1938 film by Fred Avery

Daffy Duck & Egghead is a 1938 American animated comedy short film directed by Fred Avery. The cartoon was released on January 1, 1938. It is the 88th film in the Merrie Melodies series, the second cartoon to star Egghead and the second cartoon to star Daffy Duck, who is first named in this cartoon. It was written by Bugs Hardaway and directed by Tex Avery. It was re-released as a "Blue Ribbon" reissue in 1946 as Daffy Duck and Egghead.

==Plot==
Egghead goes to a pond to hunt ducks, finding a large number of hunters across the pond. He is annoyed by a silhouetted man in the theater audience who refuses to sit down and stay put, causing him to be shot dead. He finds Daffy Duck, who bites his nose and taunts him before leaving. Egghead uses a female duck decoy to lure Daffy, who comments on the tactic's unfunny nature. He then ties a knot with Egghead's shotgun and spins away.

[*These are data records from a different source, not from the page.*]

-- ===== src/Rewards.antt =====
-- src/rewards.rs: `RewardConfig`, which cuts the blocks after the activation height into snapshots.
-- The heights are read from the environment by `new_from_env`, which is not modelled.
pub mod Snapshots
pub mod Tracker
pub mod Rotated
pub mod Totals
use bitcoin_ipc.Prelude.{ℕ, ◌+◌, ◌-◌, ◌*◌, ◌/◌, Option, none, some, ltb, ◌==◌, if◌then◌else◌}
use bitcoin_ipc.Result.{Result, ok, ◌>>=◌, ◌>>◌, fail_if, invalid_config}

pub record RewardConfig : Type 0 where
  pub activation_height : ℕ
  pub snapshot_length : ℕ

unfoldable pub validate_config : RewardConfig → Result (Unit {0})
validate_config cfg = fail_if (cfg.snapshot_length == 0) invalid_config

unfoldable pub new_config : ℕ → ℕ → Result RewardConfig
unfolding validate_config
new_config activation_height snapshot_length =
    let cfg : RewardConfig = record {
      activation_height = activation_height;
      snapshot_length = snapshot_length;
    } in
    validate_config cfg >> ok cfg

-- The first and the last height of a snapshot.
unfoldable pub snapshot_boundaries : RewardConfig → ℕ → ℕ × ℕ
snapshot_boundaries cfg snapshot =
    let start_height = cfg.activation_height + snapshot * cfg.snapshot_length in
    (start_height, start_height + cfg.snapshot_length - 1)

-- The snapshot of a height, with its first and its last height.
unfoldable pub snapshot_boundaries_from_height : RewardConfig → ℕ → Option (ℕ × ℕ × ℕ)
snapshot_boundaries_from_height cfg h =
    if ltb h cfg.activation_height
    then none
    else let snapshot = (h - cfg.activation_height) / cfg.snapshot_length in
      let start_height = cfg.activation_height + snapshot * cfg.snapshot_length in
      some (snapshot, start_height, start_height + cfg.snapshot_length - 1)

A tortoise gives them both guns in an attempt to resolve the conflict, only to be accidentally shot due to Egghead's poor shooting skill. Egghead then chases Daffy with his shotgun and shoots various buildings instead of Daffy, even after Daffy places an apple on his head. Daffy realizes Egghead's utter incompetence, so he labels him blind and gives him sunglasses and pencils to add oil to the insult. Daffy sings "The Merry-Go-Round Broke Down" and dives into the water with a duck who looks similar to him.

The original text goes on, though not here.